Profiling Glucose-Stimulated and M3 Receptor-Activated Insulin Secretion Dynamics from Islets of Langerhans Using an Extended-Lifetime Fluorescence Dye

Abstract

Pulsatile insulin from pancreatic islets is crucial for glucose homeostasis, but the mechanism behind coordinated pulsatility is still under investigation. One hypothesis suggests that cholinergic stimulation of islets by pancreatic ganglia resets these endocrine units, producing synchronization. Previously, it was shown that intracellular Ca²⁺ oscillations within islets can be entrained by pulses of a cholinergic agonist, carbachol (CCh). Although these proxy measurements of Ca²⁺ provided insight into the synchronization mechanism, measurement of insulin output would be more direct evidence. To this end, a fluorescence anisotropy competitive immunoassay for online insulin detection from single and grouped islets in a microfluidic system was developed using a piezoelectric pressure-driven fluid delivery system and a squaraine rotaxane fluorophore, SeTau-647, as the fluorescent label for insulin. Due to SeTau-647 having a longer lifetime and higher brightness compared to the previously used Cy5 fluorophore, a 45% increase in the anisotropy range was observed with enhanced signal-to-noise ratio (S/N) of the measurements. This new system was tested by measuring glucose-stimulated insulin secretion from single and groups of murine and human islets. Distinct islet entrainment of groups of murine islets by pulses of CCh was also observed, providing further evidence for the hypothesis that pulsatile output from the ganglia can synchronize islet behavior. We expect that this relatively straightforward, homogeneous assay can be widely used for examining not only insulin secretion but other secreted factors from different tissues.

Figure 1

Microfluidic chip, flow profile, and pulse train characterization. (A) Perfusion solutions or insulin standards were delivered to inlets 1 and 2 for islet experiments or calibrations, respectively, and passed through the closed islet chamber (green dot).

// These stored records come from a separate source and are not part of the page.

-- ===== src/AuditLog/Created.antt =====
-- A record that `Create` writes and `Get` reads: backend/internal/features/audit-log/service.go.
use tunnelgate.Prelude.{
  refl, ◌<◌, ◌≡◌, ◌∙◌, ◌∷◌, ◌++◌, ◌==◌, if◌then◌else◌, ℕ, suc, sym, ap, Bool, true, false, Option,
  none, some, List, [], map, arith, if-elim, is_empty, any, find, All, ℕ_eq, eq_refl, elem, Result,
  ok, ◌⊎◌, ◌||◌, inl, inr, Bool-cases, Option-cases, IsIn, eq_of_true,
}
use tunnelgate.Text.{Text, text_eq, trim_space}
use mathlib.Core.Path.{ap₂, subst}
use tunnelgate.MockApi.Types.{StoredApi}
use tunnelgate.MockApi.Store.{Store}
use tunnelgate.AuditLog.Hydrated.{IsNamed, hydrate-IsNamed}
use tunnelgate.Proxy.Services.{ShadowTarget, CreateInput}
use tunnelgate.AuditLog.Types.{AuditRow, Record, PostmanExample}
use tunnelgate.AuditLog.Specs.{
  with_spec_id, with_examples, hydrate_postman_examples, known_public_id, looked_up,
}
use tunnelgate.AuditLog.Log.{
  AuditTables, bool_value, nullable_string, present, lacks_public_id, with_public_id, has_public_id,
  ensure_public_ids, scan_record, hydrate_record, found, new_row, create, get, get_by_internal_id,
}
use tunnelgate.AuditLog.Rows.{row_ids, not_elem_of_below, row_ids-with_public_id, elem-row_ids}
use tunnelgate.AuditLog.Consistent.{IsConsistent}

-- The input with the fields that a record keeps of it, but for the public id of the spec, which the
-- hydration may change and which is an argument here.
abbrev pub input_of : Text → Record → CreateInput
input_of api_mock_id item = record {
  api_mock_db_id = item.api_mock_db_id;
  api_mock_id = api_mock_id;
  route_name = item.route_name;
  method = item.method;
  route_path = item.route_path;
  target_url = item.target_url;
  response_status = item.response_status;
  duration_ms = item.duration_ms;
  success = item.success;
  error_message = item.error_message;
  request_headers = item.request_headers;
  request_body = item.request_body;
  response_headers = item.response_headers;
  response_body = item.response_body;
  shadow_targets = item.shadow_targets;
}

-- A function of a record that no step of the hydration changes.
module _ {ℓ} {A : Type ℓ} (f : Record → A)
    (keeps_id : (item : Record) (public_id : Text)
      → f (record item { api_mock_id = some public_id }) ≡ f item)
    (keeps_examples : (item : Record) (examples : List PostmanExample)
      → f (record item { postman_examples = examples }) ≡ f item)
    (keeps_example : (item : Record) (example : Option PostmanExample)
      → f (record item { postman_example = example }) ≡ f item) where
  with_spec_id-same : (public_id : Text) (item : Record) → f (with_spec_id public_id item) ≡ f item
  with_spec_id-same public_id item =
      if-elim (λ (r : Record). f r ≡ f item) (is_empty public_id) _ _ (λ _. refl)
        (λ _. keeps_id item public_id)

  with_examples-same :
      (examples : List PostmanExample) (status : Option ℕ) (public_id : Text) (item : Record)
      → f (with_examples examples status public_id item) ≡ f item
  with_examples-same examples status public_id item =
      let filled = record item { postman_examples = examples } in
      if-elim (λ (r : Record). f r ≡ f item) (is_empty examples) _ _
        (λ _. keeps_examples item examples)
        (λ _.
          keeps_example (with_spec_id public_id filled) _
          ∙ with_spec_id-same public_id filled
          ∙ keeps_examples item examples)

  hydrate-same : (specs : Store) (item : Record) → f (hydrate_postman_examples specs item) ≡ f item
  unfolding hydrate_postman_examples
  hydrate-same specs item =
      let cleared = record item { postman_examples = []; postman_example = none } in
      let own = known_public_id cleared in
      let public_id = (if is_empty own then looked_up specs cleared else own) in
      with_examples-same _ _ _ _
      ∙ if-elim (λ (r : Record). f r ≡ f item) (is_empty own) _ _
          (λ _. with_spec_id-same public_id cleared ∙ keeps_example _ _ ∙ keeps_examples _ _)
          (λ _. keeps_example _ _ ∙ keeps_examples _ _)

find-snoc :
    (p : AuditRow → Bool) (rows : List AuditRow) (row : AuditRow)
    → any p rows ≡ false
    → p row ≡ true
    → find p (rows ++ row ∷ []) ≡ some row
find-snoc p [] row h k = rw k refl
find-snoc p (r ∷ rows) row h k = ground (arith, find-snoc p rows row)

map-snoc :
    (f : AuditRow → AuditRow) (rows : List AuditRow) (row : AuditRow)
    → f row ≡ row
    → map f (rows ++ row ∷ []) ≡ map f rows ++ row ∷ []
map-snoc f [] row h = ap (λ r. r ∷ []) h
map-snoc f (r ∷ rows) row h = ap (λ t. f r ∷ t) (map-snoc f rows row h)

module _ (new_id : ℕ → Text) (named_rows : (i : ℕ) → is_empty (new_id i) ≡ false) where
  with_public_id-again :
      (row : AuditRow)
      → with_public_id new_id (with_public_id new_id row) ≡ with_public_id new_id row
  with_public_id-again row =
      if-elim (λ r. with_public_id new_id r ≡ r) (lacks_public_id row) _ _
        (λ _. rw (named_rows row.id) refl) (λ e. rw e refl)

  map-again :
      (rows : List AuditRow)
      → map (with_public_id new_id) (map (with_public_id new_id) rows)
        ≡ map (with_public_id new_id) rows
  map-again [] = refl
  map-again (row ∷ rows) = ap₂ ◌∷◌ (with_public_id-again row) (map-again rows)

trimmed_not_empty : (s : Text) → is_empty (trim_space s) ≡ false → is_empty s ≡ false
unfolding trim_space
trimmed_not_empty [] h = h
trimmed_not_empty (c ∷ s) h = refl

or_right : (a b : Bool) → (a || b) ≡ false → b ≡ false
or_right a b h = ground arith

taken_row_kept :
    (new_id : ℕ → Text) (public_id : Text) (row : AuditRow)
    → is_empty public_id ≡ false
    → has_public_id public_id row ≡ true
    → with_public_id new_id row ≡ row
taken_row_kept new_id public_id row h k = elim (Option-cases row.public_id) [
  | inl e ↦ let k' = rw (e, has_public_id) at k in cc
  | inr (own, e) ↦
      let same = eq_of_true own public_id (rw (e, has_public_id) at k) in rw (e, same, h) refl
]

-- A public id that no filled row has is on no row as it is stored.
untaken :
    (new_id : ℕ → Text) (public_id : Text) (rows : List AuditRow)
    → is_empty public_id ≡ false
    → any (has_public_id public_id) (map (with_public_id new_id) rows) ≡ false
    → any (has_public_id public_id) rows ≡ false
untaken new_id public_id [] h k = refl
untaken new_id public_id (row ∷ rows) h k = elim (Bool-cases (has_public_id public_id row)) [
  | inl e ↦ let k' = rw (taken_row_kept new_id public_id row h e, e) at k in cc
  | inr e ↦ rw e (
      untaken new_id public_id rows h
        (or_right (has_public_id public_id (with_public_id new_id row)) _ k))
]

present-nullable_string : (s : Text) → present (nullable_string s) ≡ nullable_string s
present-nullable_string s =
    if-elim (λ (o : Option Text). present o ≡ o) (is_empty (trim_space s)) _ _ (λ _. refl)
      (λ e. rw e refl)

bool_value-one : (b : Bool) → (bool_value b == 1) ≡ b
bool_value-one true = refl
bool_value-one false = refl

module _ (itoa : ℕ → Text) (unmarshal_targets : Text → Option (List ShadowTarget))
    (marshal_targets : List ShadowTarget → Text) (atoi : Text → Option ℕ) (new_id : ℕ → Text)
    (specs : Store) (named_rows : (i : ℕ) → is_empty (new_id i) ≡ false) where
  -- The tables after a run of `create` on filled rows.
  abbrev with_row : AuditTables → List AuditRow → AuditRow → AuditTables
  with_row tables rows row = record tables {
    audit_logs = rows ++ row ∷ [];
    next_id = suc tables.next_id;
  }

  module _ (tables : AuditTables) (input : CreateInput) (public_id now : Text)
      (named_id : is_empty (trim_space public_id) ≡ false) where
    abbrev row : AuditRow
    row = new_row tables.next_id input public_id (marshal_targets input.shadow_targets) now

    abbrev rows : List AuditRow
    rows = map (with_public_id new_id) tables.audit_logs

    row-filled : with_public_id new_id row ≡ row
    row-filled = rw (trimmed_not_empty public_id named_id) refl

    abbrev shown : AuditTables × Result Record
    shown =
        let later = with_row tables rows row in
        (later, found itoa unmarshal_targets new_id specs later (some row))

    create-shown :
        All (λ i. i < tables.next_id) (row_ids tables.audit_logs)
        → any (has_public_id public_id) rows ≡ false
        → create itoa unmarshal_targets new_id specs marshal_targets tables input public_id now
          ≡ shown
    unfolding create get_by_internal_id ensure_public_ids hydrate_record scan_record
    create-shown below fresh =
        let absent : any (λ (r : AuditRow). r.id == tables.next_id) rows ≡ false =
          sym (elem-row_ids tables.next_id rows)
          ∙ ap (elem tables.next_id) (row_ids-with_public_id new_id tables.audit_logs)
          ∙ not_elem_of_below tables.next_id _ below in
        rw
          (
            untaken new_id public_id tables.audit_logs (trimmed_not_empty public_id named_id) fresh,
            create,
            map-snoc (with_public_id new_id) tables.audit_logs row row-filled,
            find-snoc (λ r. r.id == tables.next_id) rows row absent (eq_refl tables.next_id),
          )
          refl

    get-shown :
        any (has_public_id public_id) rows ≡ false
        → get itoa unmarshal_targets new_id specs atoi (with_row tables rows row) public_id ≡ shown
    unfolding get get_by_internal_id ensure_public_ids hydrate_record scan_record
    get-shown fresh =
        let again : map (with_public_id new_id) (rows ++ row ∷ []) ≡ rows ++ row ∷ [] =
          map-snoc (with_public_id new_id) rows row row-filled
          ∙ ap (λ rs. rs ++ row ∷ []) (map-again new_id named_rows tables.audit_logs) in
        rw (get, again, find-snoc (has_public_id public_id) rows row fresh (eq_refl public_id))
          (ap
            (λ rs.
              let later = record tables { audit_logs = rs; next_id = suc tables.next_id } in
              (later, found itoa unmarshal_targets new_id specs later (some row)))
            again)

    scan-shown :
        unmarshal_targets (marshal_targets input.shadow_targets) ≡ some input.shadow_targets
        → let item = scan_record itoa unmarshal_targets row in
          (item.id ≡ public_id)
          × (input_of input.api_mock_id item ≡ input)
          × (item.api_mock_id ≡ nullable_string input.api_mock_id)
    unfolding scan_record
    scan-shown decoded = (
      rw (scan_record, named_id) refl,
      rw (scan_record, decoded, bool_value-one input.success) refl,
      present-nullable_string input.api_mock_id,
    )

  -- In consistent tables `create`, under a public id that is not blank and that no record has,
  -- succeeds, and `get` of the public id then gives the record that `create` gave. Its id is the
  -- public id. Its fields that the input has too, shadow targets and success included, are those of
  -- the input, but for the public id of the spec: that is the one of the input, or none if this is
  -- blank, or else the public id of a spec of the tables of specs. The decoder of the targets reads
  -- back what the encoder wrote of them, and no generated id is empty.
  pub get-create :
      (tables : AuditTables) (input : CreateInput) (public_id now : Text)
      → IsConsistent tables
      → unmarshal_targets (marshal_targets input.shadow_targets) ≡ some input.shadow_targets
      → is_empty (trim_space public_id) ≡ false
      → any (has_public_id public_id) (map (with_public_id new_id) tables.audit_logs) ≡ false
      → let run =
          create itoa unmarshal_targets new_id specs marshal_targets tables input public_id now in
        (get itoa unmarshal_targets new_id specs atoi run.0 public_id ≡ run)
        × (item : Record) × (run.1 ≡ ok item)
        × (item.id ≡ public_id)
        × (input_of input.api_mock_id item ≡ input)
        × ((item.api_mock_id ≡ nullable_string input.api_mock_id)
            ⊎ ((spec : StoredApi) × IsIn spec specs.apis × (item.api_mock_id ≡ some spec.id)))
  unfolding create get get_by_internal_id hydrate_record scan_record ensure_public_ids IsConsistent
  get-create tables input public_id now (below, _, _, _) decoded named_id fresh =
      let shown_item =
        hydrate_record itoa unmarshal_targets new_id specs
          (with_row tables (rows tables input public_id now named_id)
            (row tables input public_id now named_id))
          (scan_record itoa unmarshal_targets (row tables input public_id now named_id)) in
      let created = create-shown tables input public_id now named_id below fresh in
      let (same_id, same_input, same_spec) =
        scan-shown tables input public_id now named_id decoded in
      (
        ap (λ r. get itoa unmarshal_targets new_id specs atoi r.0 public_id) created
            ∙ get-shown tables input public_id now named_id fresh
            ∙ sym created,
        shown_item,
        ap (λ r. r.1) created,
        hydrate-same (λ item. item.id) (λ _ _. refl) (λ _ _. refl) (λ _ _. refl) specs _ ∙ same_id,
        hydrate-same (input_of input.api_mock_id) (λ _ _. refl) (λ _ _. refl) (λ _ _. refl) specs _
            ∙ same_input,
        subst (λ own. IsNamed specs own shown_item) same_spec (hydrate-IsNamed specs _),
      )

The two remaining inlets were used to deliver Ab_Ins and Ins* as noted. The reagents mixed and equilibrated in the 160 mm long mixing channel before fluorescence measurement at the detection point (blue dot). Black arrows indicate the direction of flow. (B) Flow of SeTau-647 was initiated from at 0 min, while signal was measured at the detection point. The x-axis break at 0.5 min is for ease in viewing. (C) The blue trace (right axis) shows the programmed flow rates of SeTau-647 delivered from inlet 2. The black trace (left axis) is the fluorescence signal at the islet chamber during a pulsing experiment. A 53 ± 3% pulse attenuation was observed at the islet chamber.

Figure 2

Competitive immunoassay improvement with squaraine rotaxane fluorophore. (A) Calculated calibration curves using Ins*_Cy5 and Ins*_SeTau-647 were computed using their photophysical properties and mathematically calculated B/F ratios as explained in the text and Supporting Information. (B) Experimental calibration curves generated with 24 nM Ab_Ins and 24 nM of either Ins*_Cy5 or Ins*_SeTau-647. Δ⟨r⟩ values in panels A and B are taken as relative to the anisotropy at 0 nM. SeTau-647 is shown to produce improved assay range from both calculated (panel A) and experimental (panel B) results.

Figure 3

Online GSIS measurement from single and grouped murine islets. In both experiments, the black trace (left y-axis) is the insulin secretion rate per islet, whereas the blue profile (right axis) is the glucose stimulus. (A) A solution of 11 mM glucose was delivered for 40 min to a single murine islet during which biphasic, pulsatile insulin release was observed. (B) A group of five murine islets showed biphasic insulin secretion release during the 25 min exposure to 12 mM glucose.

Figure 4

Entraining effect of periodic CCh pulses on GSIS in murine islets. In both panels, five murine islets were perfused with a constant 11 mM glucose concentration. (A) A train of five CCh pulses were delivered for 30 s each, every 5 min, as denoted by an “×”. The numbered insulin peaks correlate to those mentioned in the text. (B) A representative control experiment is shown with flow switches denoted by “×”. Because no CCh was present, no large pulses of insulin were observed.